> [Instructions for the task]: Which lines of the entries below run from the one holding "is_initiator = true;" to the one holding "ok (ch, accepted.channels))", inclusive? Set down exactly those lines and no others.

(Stored data)
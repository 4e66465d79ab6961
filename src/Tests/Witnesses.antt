-- ===== src/Tests/Witnesses.antt =====
-- The theorems at concrete inputs.
use hypercore_protocol_rs.Prelude.{
  ◌*◌, ◌+◌, connection_aborted, ℕ, suc, ◌-◌, ◌^◌, panic, ◌+◌, ◌≤◌, ◌<◌, ◌≡◌, ◌≢◌, refl, ◌⊎◌, true,
  false, Option, none, some, List, [], ◌∷◌, ◌++◌, length, get_elem?, lookup, unwrap, upsert,
  remove_key, set_checked, bytes_eq, All, replicate, arith, Error, ok, err, io, permission_denied,
}
use hypercore_protocol_rs.Wire.{Bytes}
use hypercore_protocol_rs.Message
use hypercore_protocol_rs.Message.{Message, open_msg, close_msg, want, local_signal}
use hypercore_protocol_rs.Message.RoundTrip as Trip
use hypercore_protocol_rs.Message.RoundTrip.{message_encode_decode}
use hypercore_protocol_rs.ChannelMessage.{ChannelMessage}
use hypercore_protocol_rs.Framing.{vec_encoded_size, vec_encode, vec_decode}
use hypercore_protocol_rs.Framing.Encode.{frame_bytes, vec_encode-vec_encoded_size}
use hypercore_protocol_rs.Framing.Frames.{RoundTrips, frame-RoundTrips, plain}
use hypercore_protocol_rs.Framing.Ends.{vec_decode_ends}
use hypercore_protocol_rs.Framing.ChannelChange.{SecondOnZero, vec_decode-channel_change}
use hypercore_protocol_rs.Crypto
use hypercore_protocol_rs.Crypto.{HandshakeResult, verify_remote_capability, discovery_key}
use hypercore_protocol_rs.Crypto.Verify.{Proves, verify_remote_capability_lem, capability-verified}
use hypercore_protocol_rs.Channels.Handle.{ChannelHandle, Channel}
use hypercore_protocol_rs.Channels.Handle
use hypercore_protocol_rs.Channels.Map
use hypercore_protocol_rs.Channels.User
use hypercore_protocol_rs.Channels.User.{Shared, close_lem}
use hypercore_protocol_rs.Channels.Map.{ChannelMap, slot_size, isize_max}
use hypercore_protocol_rs.Channels.Map.Ids.{
  alloc_local_least, alloc_remote-length, attach_remote_wraps,
}
use hypercore_protocol_rs.Channels.Map.Entries.{has_channel-remove, attach_local-get_local}
use hypercore_protocol_rs.MessageIo.{take_batch, outbound_loop, poll_outbound}
use hypercore_protocol_rs.MessageIo.Batches.{IsOrdinary, take_batch_lem, poll_outbound_ends}
use hypercore_protocol_rs.Protocol.State.{Protocol, Event, with_channels, set_channels, queue_event}
use hypercore_protocol_rs.Protocol.Step.{
  accept_channel, command_close, handshake_result, verify_remote_capability as verify_step,
}
use hypercore_protocol_rs.Protocol.Accept.{accept_channel-verified}
use hypercore_protocol_rs.Protocol.Close.{command_close_lem}
use hypercore_protocol_rs.Tests.Codecs.{crates, u64_bytes, digits}
use hypercore_protocol_rs.Tests.Rules.{rules}
use hypercore_protocol_rs.Tests.Host.{host}
use hypercore_protocol_rs.Tests.Data.{
  want_on, close_on, two_wants, want_one-IsSmall, want_two-IsSmall, mixed, message_io,
}

frame-RoundTrips_example : RoundTrips crates 7 two_wants
frame-RoundTrips_example =
    frame-RoundTrips crates rules 7 two_wants
      (plain two_wants ((want_one-IsSmall, (want_one-IsSmall, tt)), (refl, tt)))

vec_decode_ends_example :
    ((ms : List (ChannelMessage crates)) × (vec_decode crates (0 ∷ 1 ∷ 2 ∷ []) ≡ ok (ms, [])))
    ⊎ ((e : Error) × (vec_decode crates (0 ∷ 1 ∷ 2 ∷ []) ≡ err e))
vec_decode_ends_example = vec_decode_ends crates rules (0 ∷ 1 ∷ 2 ∷ [])

abbrev changing : List (ChannelMessage crates)
changing = want_on 1 ∷ want_on 2 ∷ []

vec_encode-vec_encoded_size_example :
    (vec_encoded_size crates changing ≡ ok 29)
    × (vec_encode crates changing (replicate 29 7 ++ (4 ∷ []))
        ≡ ok (frame_bytes crates rules changing, 4 ∷ []))
unfolding rules u64_bytes digits
vec_encode-vec_encoded_size_example =
    vec_encode-vec_encoded_size crates rules changing (replicate 29 7) (4 ∷ [])
      (want_one-IsSmall, (want_two-IsSmall, tt)) refl

vec_decode-channel_change_example :
    (vec_encoded_size crates changing ≡ ok 29)
    × ((frame : Bytes) × (vec_encode crates changing (replicate 29 7) ≡ ok (frame, []))
        × SecondOnZero crates rules (want_on 1) (vec_decode crates frame)
        × (vec_decode crates frame ≢ ok (changing, [])))
unfolding rules u64_bytes digits
vec_decode-channel_change_example =
    vec_decode-channel_change crates rules (want_on 1) (want_on 2) [] (replicate 29 7)
      (want_one-IsSmall, (want_two-IsSmall, tt)) (λ e. absurd (omega arith)) (omega arith) refl

message_encode_decode_example :
    let m = (want_on 1).message in
    (Message.encoded_size crates m ≡ ok 11)
    × (Message.encode crates m (replicate 11 7 ++ (4 ∷ []))
        ≡ ok (Trip.bytes crates rules m, 4 ∷ []))
    × (Message.decode crates (Trip.bytes crates rules m ++ (4 ∷ [])) ≡ ok (m, 4 ∷ []))
unfolding rules u64_bytes digits
message_encode_decode_example =
    message_encode_decode crates rules (want_on 1).message (replicate 11 7) (4 ∷ [])
      want_one-IsSmall.0 refl

take_batch_lem_example :
    let (frame, rest) = take_batch [] mixed in
    (frame ++ rest ≡ mixed)
    × (length rest ≤ 2)
    × (All IsOrdinary frame ⊎ ((m : ChannelMessage crates) × (frame ≡ m ∷ [])))
take_batch_lem_example = take_batch_lem (want_on 1) (want_on 1 ∷ close_on 1 ∷ [])

poll_outbound_ends_example :
    outbound_loop host (suc (length mixed) + 5) true message_io ≡ poll_outbound host message_io
poll_outbound_ends_example = poll_outbound_ends host 5 message_io

abbrev ours : HandshakeResult
ours = Crypto.from_pre_encrypted true (1 ∷ []) (2 ∷ []) (9 ∷ [])

abbrev theirs : HandshakeResult
theirs = Crypto.from_pre_encrypted false (2 ∷ []) (1 ∷ []) (9 ∷ [])

abbrev shown_capability : Bytes
shown_capability = (Crypto.replicate_responder ++ (5 ∷ [])) ++ (9 ∷ [])

shown-Proves : Proves host ours (5 ∷ []) shown_capability
unfolding Crypto.replicate_capability unwrap
shown-Proves = refl

verify_remote_capability_lem_example :
    ((◌≡◌ {A = Option Bytes} none (some shown_capability))
      × (verify_remote_capability host ours none (5 ∷ []) ≡ ok tt))
    ⊎ ((◌≢◌ {A = Option Bytes} none (some shown_capability))
        × (verify_remote_capability host ours none (5 ∷ []) ≡ err (io permission_denied)))
verify_remote_capability_lem_example =
    verify_remote_capability_lem host ours none (5 ∷ []) shown_capability shown-Proves

theirs_capability : Crypto.capability host theirs (5 ∷ []) ≡ ok (some shown_capability)
unfolding Crypto.capability Crypto.replicate_capability unwrap
theirs_capability = refl

capability-verified_example :
    verify_remote_capability host ours (some shown_capability) (5 ∷ []) ≡ ok tt
capability-verified_example =
    capability-verified host ours theirs (5 ∷ []) (some shown_capability) refl refl
      theirs_capability

abbrev ids : List (Option Bytes)
ids = none ∷ some (8 ∷ []) ∷ none ∷ []

alloc_local_least_example :
    let (id, ids') = Map.alloc_local host ids in
    (1 ≤ id)
    × (id < length ids')
    × (get_elem? ids' id ≡ some none)
    × (get_elem? ids' 0 ≡ some none)
    × (3 ≤ length ids')
    × ((◌≡◌ {A = ℕ} 1 0) ⊎ ((id ≤ 1) ⊎ ((k : Bytes) × (get_elem? ids 1 ≡ some (some k)))))
alloc_local_least_example = alloc_local_least host ids 1 refl

alloc_remote-length_example :
    (((5 < length ids) ⊎ (slot_size * (5 + 1) ≤ isize_max))
      × ((ids' : List (Option Bytes)) × (Map.alloc_remote host 5 ids ≡ ok ids')
          × (5 < length ids')
          × (length ids ≤ length ids')
          × (get_elem? ids' 5 ≡ some none)))
    ⊎ ((length ids ≤ 5) × (isize_max < slot_size * (5 + 1)) × (Map.alloc_remote host 5 ids ≡ panic))
alloc_remote-length_example = alloc_remote-length host 5 ids (omega arith)

abbrev handle : ChannelHandle
handle = record {
  discovery_key = 8 ∷ [];
  local_state = some (record { key = 5 ∷ []; local_id = 1 });
  remote_state = some (record { remote_id = 1; remote_capability = some shown_capability });
  inbound_tx = none;
  closed = 0;
}

abbrev channels : ChannelMap host
channels = record {
  channels = (8 ∷ [], handle) ∷ [];
  local_id = ids;
  remote_id = none ∷ some (8 ∷ []) ∷ [];
  flags = false ∷ [];
  queues = [];
}

abbrev removed : ChannelMap host
removed = record {
  channels = [];
  local_id = none ∷ none ∷ none ∷ [];
  remote_id = none ∷ none ∷ [];
  flags = true ∷ [];
  queues = [];
}

removes : Map.remove host (8 ∷ []) channels ≡ ok removed
unfolding Map.remove lookup remove_key bytes_eq Map.clear_id set_checked
removes = refl

has_channel-remove_example :
    (Map.has_channel host (8 ∷ []) removed ≡ false)
    × (lookup (7 ∷ []) removed.channels ≡ lookup (7 ∷ []) channels.channels)
has_channel-remove_example =
    has_channel-remove host (8 ∷ []) (7 ∷ []) channels removed (λ e. cc) removes

key_discovery : discovery_key host (5 ∷ []) ≡ ok (Crypto.discovery_ns_buf ++ (5 ∷ []))
unfolding discovery_key unwrap
key_discovery = refl

attach_local-get_local_example :
    (id : ℕ) × (h : ChannelHandle) × (m' : ChannelMap host) × (Map.attach_local host
        (5 ∷ [])
        channels
      ≡ ok (h, m'))
    × (1 ≤ id)
    × (Handle.local_id h ≡ some id)
    × (Map.get_local host id m' ≡ some h)
    × (get_elem? m'.local_id 0 ≡ some none)
attach_local-get_local_example =
    attach_local-get_local host (5 ∷ []) (Crypto.discovery_ns_buf ++ (5 ∷ [])) channels refl
      key_discovery

abbrev state : Protocol host
state = record {
  io = message_io;
  is_initiator = true;
  channels = channels;
  command_rx = [];
  outbound_rx = [];
  queued_events = [];
  handshake_emitted = true;
}

abbrev accepted : Protocol host
accepted = (accept_channel host 1 state).1

accepts : accept_channel host 1 state ≡ (ok tt, accepted)
unfolding accept_channel handshake_result verify_step Map.prepare_to_verify Map.get_local Map.id_key
    Map.key_handle Map.found Map.accept lookup bytes_eq Handle.prepare_to_verify Handle.both_states
    Handle.open_handle with_channels queue_event Crypto.verify_remote_capability
    Crypto.remote_capability Crypto.replicate_capability Crypto.compare_capability unwrap upsert
accepts = refl

accept_channel-verified_example :
    (h : HandshakeResult) × (key c : Bytes) × (ch : Channel) × (handshake_result host state
      ≡ some h)
    × (Map.prepare_to_verify host 1 channels ≡ ok (key, some c))
    × Proves host h key c
    × (Map.accept host 1 channels ≡ ok (ch, accepted.channels))
    × (accepted.queued_events ≡ [] ++ (Event.channel ch ∷ []))
accept_channel-verified_example = accept_channel-verified 1 state accepted accepts

attach_remote_wraps_example : Map.attach_remote host (8 ∷ []) (2 ^ 64 - 1) none channels ≡ panic
attach_remote_wraps_example = attach_remote_wraps host (8 ∷ []) none channels (omega arith)

abbrev closed_state : Protocol host
closed_state = (command_close host (8 ∷ []) state).1

closes_channel : command_close host (8 ∷ []) state ≡ (ok tt, closed_state)
unfolding command_close Map.has_channel set_channels queue_event Map.remove lookup remove_key
    bytes_eq Map.clear_id set_checked
closes_channel = refl

command_close_lem_example :
    (Map.has_channel host (8 ∷ []) closed_state.channels ≡ false)
    × (((Map.has_channel host (8 ∷ []) channels ≡ true)
          × (closed_state.queued_events ≡ [] ++ (Event.close (8 ∷ []) ∷ [])))
        ⊎ ((Map.has_channel host (8 ∷ []) channels ≡ false) × (closed_state ≡ state)))
command_close_lem_example = command_close_lem (8 ∷ []) state closed_state closes_channel

abbrev user_channel : Channel
user_channel = record {
  inbound_rx = some 0;
  direct_inbound_tx = 0;
  key = 5 ∷ [];
  discovery_key = 8 ∷ [];
  local_id = 1;
  closed = 0;
}

abbrev shared : Shared crates
shared = record { flags = false ∷ []; outbound = []; receiving = true }

close_lem_example :
    let w' = (User.close user_channel shared).1 in
    (User.close user_channel shared ≡ (ok tt, w'))
    × (w'.outbound ≡ [] ++ ((close_on 1 ∷ []) ∷ []))
    × (User.closed user_channel w' ≡ true)
    × (User.close user_channel w' ≡ (ok tt, w'))
    × (User.send user_channel (want_on 1).message w' ≡ (err (io connection_aborted), w'))
    × (User.send_batch user_channel [] w' ≡ (err (io connection_aborted), w'))
close_lem_example = close_lem user_channel (want_on 1).message [] shared refl (omega arith) refl
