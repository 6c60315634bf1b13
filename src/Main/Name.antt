-- ===== src/Main/Name.antt =====
-- The device's name, which `setup` makes of the chip's identifier. Texts are lists of bytes.
use evse_sync_charge.Base.{
  ℕ, ◌+◌, ◌-◌, ◌*◌, ◌/◌, ◌%◌, ◌^◌, ◌<◌, ◌≡◌, refl, sym, ap, ◌∙◌, List, [], ◌∷◌, ◌++◌, ltb, length,
  arith, if◌then◌else◌,
}

-- A digit of %X.
abbrev digit : ℕ → ℕ
digit d = if ltb d 10 then 48 + d else 55 + d

-- %02X of a byte.
unfoldable pub hex_byte : ℕ → List ℕ
hex_byte b = digit (b / 16) ∷ digit (b % 16) ∷ []

-- `devName`, from EVSE- on, of the upper three of the identifier's six bytes.
unfoldable pub device_name : ℕ → List ℕ
unfolding hex_byte
device_name chipid =
    (69 ∷ 86 ∷ 83 ∷ 69 ∷ 45 ∷ [])
    ++ (hex_byte (chipid / 2 ^ 24 % 256)
        ++ (hex_byte (chipid / 2 ^ 32 % 256) ++ hex_byte (chipid / 2 ^ 40 % 256)))

-- What a digit stands for.
abbrev value : ℕ → ℕ
value c = if ltb c 58 then c - 48 else c - 55

value-digit : (d : ℕ) → value (digit d) ≡ d
value-digit d = ground arith

byte_of : ℕ → ℕ → ℕ
byte_of h l = value h * 16 + value l

byte_of-hex : (b : ℕ) → byte_of (digit (b / 16)) (digit (b % 16)) ≡ b
unfolding byte_of
byte_of-hex b = let high = value-digit (b / 16) in let low = value-digit (b % 16) in omega arith

-- The upper three bytes of the identifier, read back from a name.
abbrev upper_half : List ℕ → ℕ
upper_half (x1 ∷ x2 ∷ x3 ∷ x4 ∷ x5 ∷ a ∷ b ∷ c ∷ d ∷ e ∷ f ∷ []) =
    byte_of a b + byte_of c d * 256 + byte_of e f * 65536
upper_half name = 0

upper_half-name : (n : ℕ) → n < 2 ^ 48 → upper_half (device_name n) ≡ n / 2 ^ 24
unfolding device_name hex_byte
upper_half-name n h =
    rw
      (
        byte_of-hex (n / 2 ^ 24 % 256),
        byte_of-hex (n / 2 ^ 32 % 256),
        byte_of-hex (n / 2 ^ 40 % 256),
      )
      (omega arith)

-- Chips whose identifiers of 48 bits differ in the upper half get different names, and every name has
-- 11 characters.
pub device_name_lem :
    (m n : ℕ)
    → m < 2 ^ 48
    → n < 2 ^ 48
    → (device_name m ≡ device_name n → m / 2 ^ 24 ≡ n / 2 ^ 24) × (length (device_name m) ≡ 11)
unfolding device_name hex_byte
device_name_lem m n h k =
    (λ e. sym (upper_half-name m h) ∙ ap upper_half e ∙ upper_half-name n k, refl)
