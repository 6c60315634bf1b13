-- ===== src/Ocpp/Server.antt =====
-- What the server can do with the client: its messages, its answers and its heartbeat.
use Prim.Native.String.{String}
use text.Mathlib.Text.{◌==◌ as str_eq}
use text.Mathlib.TextEquality.{eq_iff}
use evse_sync_charge.Base.{
  ℕ, zero, suc, ◌+◌, ◌-◌, ◌*◌, ◌%◌, ◌≤◌, ◌<◌, ◌≡◌, refl, pos, true, ◌||◌, none, some, List, [], ◌∷◌,
  ltb, sub32, arith, if◌then◌else◌,
}
use evse_sync_charge.Float.{Float}
use evse_sync_charge.Charge.{Evse}
use evse_sync_charge.Charge.Run.{Command, limit, alive, start, stop, exec, run}
use evse_sync_charge.Ocpp.{Ocpp, Sent, accepted, refused}
use evse_sync_charge.Ocpp.Handler.{
  Message, HandlerReadings, Event, disconnected, connected, text_frame, other, is_type,
  next_counter, loop, take_result, handle_set_charging_profile, handle_remote_start_transaction,
  handle_remote_stop_transaction, on_message, ws_event,
}

-- A number of calls in a row.
unfoldable pub counters : ℕ → ℕ → ℕ
counters zero n = n
counters (suc k) n = next_counter (counters k n)

-- From a counter that is not 0, k further calls count through 1 to 2^32 - 1 in order and start again
-- at 1: the message id is never that of 0, and repeats after 2^32 - 1 calls only.
pub counters_lem : (k n : ℕ) → 1 ≤ n → n < 4294967296 → counters k n ≡ (n - 1 + k) % 4294967295 + 1
unfolding counters next_counter
counters_lem zero n h l = omega arith
counters_lem (suc k) n h l = rw (counters_lem k n h l) (ground arith)

-- The answer to a call of the server.
abbrev pub reply : {F : Type 0} → Message F → Sent
reply m =
    if str_eq m.action "SetChargingProfile"
      || str_eq m.action "RemoteStartTransaction"
      || str_eq m.action "RemoteStopTransaction"
    then accepted m.id
    else refused m.id "NotImplemented"

module _ {F : Type 0} ⦃fl : Float F⦄ where
  -- Every call of the server is answered by exactly one message with the call's id: accepted, whether
  -- or not the controller did what was asked, or NotImplemented if the action is none of the three.
  -- Every other message is not answered.
  pub on_message-sent :
      (t : HandlerReadings) (m : Message F) (o : Ocpp F) (s : Evse F)
      → ((on_message t (some m) (o, s)).0).sent
        ≡ (if is_type 2 m.msg_type then reply m ∷ o.sent else o.sent)
  unfolding on_message handle_set_charging_profile handle_remote_start_transaction
      handle_remote_stop_transaction take_result
  on_message-sent t m o s = ground arith

  -- The commands that a call of the server gives the controller.
  unfoldable pub call_commands : HandlerReadings → Message F → List (Command F)
  call_commands t m =
      if str_eq m.action "SetChargingProfile"
      then elim m.limit [ none ↦ [] | some a ↦ limit t.applied a ∷ alive t.alive ∷ [] ]
      else if str_eq m.action "RemoteStartTransaction"
      then start t.start ∷ alive t.alive ∷ []
      else if str_eq m.action "RemoteStopTransaction"
      then stop ∷ []
      else []

  unfoldable pub commands : HandlerReadings → Event F → List (Command F)
  unfolding call_commands
  commands t (text_frame (some m)) = if is_type 2 m.msg_type then call_commands t m else []
  commands t _ = []

  -- What an event of the socket does to the controller is what a sequence of commands does, and this
  -- is the empty one, a limit or a start with a throttle-alive signal, or a stop.
  pub ws_event-run :
      (text_of : ℕ → String) (t : HandlerReadings) (e : Event F) (o : Ocpp F) (s : Evse F)
      → (ws_event text_of t e (o, s)).1 ≡ run (commands t e) s
  unfolding ws_event on_message handle_set_charging_profile handle_remote_start_transaction
      handle_remote_stop_transaction commands call_commands run exec
  ws_event-run text_of t disconnected o s = refl
  ws_event-run text_of t connected o s = refl
  ws_event-run text_of t (text_frame none) o s = refl
  ws_event-run text_of t (text_frame (some m)) o s = ground arith
  ws_event-run text_of t other o s = refl

-- The server's answer to the boot notification sets the interval of the heartbeats: if it carries the
-- notification's id and an interval of n seconds, with n from 1 to 4294967, a connected client sends
-- a heartbeat at a pass of the loop from then on exactly if more than n seconds are gone since the
-- last one.
pub take_result-loop :
    {F : Type 0} (text_of : ℕ → String) (m : Message F) (o : Ocpp F) (n now stamped : ℕ)
    → m.id ≡ o.boot_notification_msg_id
    → m.interval ≡ some (pos n)
    → 1 ≤ n
    → n ≤ 4294967
    → o.connected ≡ true
    → (loop text_of now stamped (take_result m o)).last_heartbeat
      ≡ (if ltb (n * 1000) (sub32 now o.last_heartbeat) then stamped else o.last_heartbeat)
unfolding take_result loop
take_result-loop text_of m o n now stamped i v h l c =
    ground (arith, eq_iff m.id o.boot_notification_msg_id)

> [Output of the task]:
  is_initiator = true;
  channels = channels;
  command_rx = [];
  outbound_rx = [];
  queued_events = [];
  handshake_emitted = true;
}

abbrev accepted : Protocol host
accepted = (accept_channel host 1 state).1

accepts : accept_channel host 1 state ≡ (ok tt, accepted)
unfolding accept_channel handshake_result verify_step Map.prepare_to_verify Map.get_local Map.id_key
    Map.key_handle Map.found Map.accept lookup bytes_eq Handle.prepare_to_verify Handle.both_states
    Handle.open_handle with_channels queue_event Crypto.verify_remote_capability
    Crypto.remote_capability Crypto.replicate_capability Crypto.compare_capability unwrap upsert
accepts = refl

accept_channel-verified_example :
    (h : HandshakeResult) × (key c : Bytes) × (ch : Channel) × (handshake_result host state
      ≡ some h)
    × (Map.prepare_to_verify host 1 channels ≡ ok (key, some c))
    × Proves host h key c
    × (Map.accept host 1 channels ≡ ok (ch, accepted.channels))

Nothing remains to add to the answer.